As the summer progressed, though, Turner streamlined Shuler’s exposure to the big picture of the offense. The coach cut back on the quarterback’s reads, gave him fewer “hot” receivers (whose routes change in the course of a play, according to the coverage) to watch, reduced the number of audibles he might otherwise call--all designed to minimize the number of decisions Shuler will need to make in the heat of action.

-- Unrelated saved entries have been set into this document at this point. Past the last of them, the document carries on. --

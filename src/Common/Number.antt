-- ===== src/Common/Number.antt =====
-- Python's finite floats, as a parameter: the operations that the program calls, with the documented
-- behaviour that it relies on, and fractions of naturals as an instance of it.
use Prim.Native.Nat.{ℕ, suc, ◌+◌, ◌-◌, ◌*◌, ◌≤◌}
use mathlib.Core.Path.{◌≡◌, refl}
use mathlib.Core.Bool.{Bool, true, false}
use native.Mathlib.Omega.{arith}
use native.Mathlib.Nat.{mul-le-mul_right}
use evalops_lab.Common.Tests.{ltb, nat_beq}

-- `lt a b` is `a < b`, `eq a b` is `a == b`, `ratio m n` is the quotient `m / n` of two ints.
pub record Float : Type 1 where
  pub Number : Type 0
  pub of_int : ℕ → Number
  pub ratio : ℕ → ℕ → Number
  pub lt : Number → Number → Bool
  pub eq : Number → Number → Bool
  pub add : Number → Number → Number
  pub sub : Number → Number → Number
  pub mul : Number → Number → Number
  pub div : Number → Number → Number

-- What holds of finite IEEE numbers: `<` is irreflexive, `x - 0.0` is `x`, and the rounded quotient
-- of two ints is monotone, positive for positive ints, and within the bounds of the exact one.
pub record FloatLaws (fl : Float) : Type 1 where
  pub lt_irrefl : (a : fl.Number) → fl.lt a a ≡ false
  pub zero_le_one : fl.lt (fl.of_int 1) (fl.of_int 0) ≡ false
  pub eq_refl : (a : fl.Number) → fl.eq a a ≡ true
  pub one_ne_zero : fl.eq (fl.of_int 1) (fl.of_int 0) ≡ false
  pub sub_zero : (a : fl.Number) → fl.sub a (fl.of_int 0) ≡ a
  pub ratio_nonneg : (a n : ℕ) → fl.lt (fl.ratio a n) (fl.of_int 0) ≡ false
  pub ratio_le_one : (a n : ℕ) → a ≤ n → 1 ≤ n → fl.lt (fl.of_int 1) (fl.ratio a n) ≡ false
  pub ratio_pos : (a n : ℕ) → 1 ≤ a → 1 ≤ n → fl.lt (fl.of_int 0) (fl.ratio a n) ≡ true
  pub ratio_zero : (n : ℕ) → fl.lt (fl.of_int 0) (fl.ratio 0 n) ≡ false
  pub ratio_mono : (a b n : ℕ) → a ≤ b → fl.lt (fl.ratio b n) (fl.ratio a n) ≡ false

-- Fractions: a numerator, and a denominator less one.
abbrev pub fractions : Float
fractions = record {
  Number = ℕ × ℕ;
  of_int = λ n. (n, 0);
  ratio = λ m n. (m, n - 1);
  lt = λ x y. ltb (x.0 * suc y.1) (y.0 * suc x.1);
  eq = λ x y. nat_beq (x.0 * suc y.1) (y.0 * suc x.1);
  add = λ x y. (x.0 * suc y.1 + y.0 * suc x.1, suc x.1 * suc y.1 - 1);
  sub = λ x y. (x.0 * suc y.1 - y.0 * suc x.1, suc x.1 * suc y.1 - 1);
  mul = λ x y. (x.0 * y.0, suc x.1 * suc y.1 - 1);
  div = λ x y. (x.0 * suc y.1, suc x.1 * y.0 - 1);
}

pub fractions_laws : FloatLaws fractions
fractions_laws = record {
  lt_irrefl = irrefl;
  zero_le_one = refl;
  eq_refl = refl_eq;
  one_ne_zero = refl;
  sub_zero = zero_lem;
  ratio_nonneg = nonneg;
  ratio_le_one = le_one;
  ratio_pos = positive;
  ratio_zero = none_pos;
  ratio_mono = mono;
}
  where
    irrefl : (a : ℕ × ℕ) → ltb (a.0 * suc a.1) (a.0 * suc a.1) ≡ false
    irrefl a = ground arith

    refl_eq : (a : ℕ × ℕ) → nat_beq (a.0 * suc a.1) (a.0 * suc a.1) ≡ true
    refl_eq a = ground arith

    zero_lem : (a : ℕ × ℕ) → ◌≡◌ {A = ℕ × ℕ} (a.0 * 1 - 0 * suc a.1, suc a.1 * 1 - 1) a
    zero_lem a = ground arith

    nonneg : (a n : ℕ) → ltb (a * 1) (0 * suc (n - 1)) ≡ false
    nonneg a n = ground arith

    le_one : (a n : ℕ) → a ≤ n → 1 ≤ n → ltb (1 * suc (n - 1)) (a * 1) ≡ false
    le_one a n h k = ground arith

    positive : (a n : ℕ) → 1 ≤ a → 1 ≤ n → ltb (0 * suc (n - 1)) (a * 1) ≡ true
    positive a n h k = ground arith

    none_pos : (n : ℕ) → ltb (0 * suc (n - 1)) (0 * 1) ≡ false
    none_pos n = ground arith

    mono : (a b n : ℕ) → a ≤ b → ltb (b * suc (n - 1)) (a * suc (n - 1)) ≡ false
    mono a b n h = ground (arith, mul-le-mul_right (suc (n - 1)) h)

Once camp opened, the plan included a detailed, day-by-day, force-feeding schedule of the food groups vital to good health as a starting quarterback. A little taste of the 40-second clock on Monday, some blitz appetizers on Tuesday, a side dish of two-deep zone on Wednesday. If this is Saturday, we must be dining on exhibition-game action. Turner had it all on Shuler’s menu--what he wanted him to digest, and when he wanted him to digest it.

“I’ve just started practicing, and the whole offense is already in,” Shuler says. “Obviously, it’s going to clutter your mind a little. But I think we’ve done a really good job. Any time you go from one offense to another, it’s going to be complicated. At Tennessee, we had a large offense, probably one of the most complicated offenses in college football. It was a lot. And when I went in there, it was the exact same thing. They threw the book at me then. So when I came here, I expected that. They have a plan for everything. The plan is to get to know the offense and do whatever it takes.”

Shuler’s 13-day holdout from camp before he signed an eight-year, $19.25 million contract last week threw the plan a little out of kilter, but the schedule should be disrupted only temporarily. When he finally reported to Carlisle, Pa., Aug. 3, Shuler still had plenty of time. If he doesn’t start against Mirer and the Seahawks Sept. 4, it won’t be long after.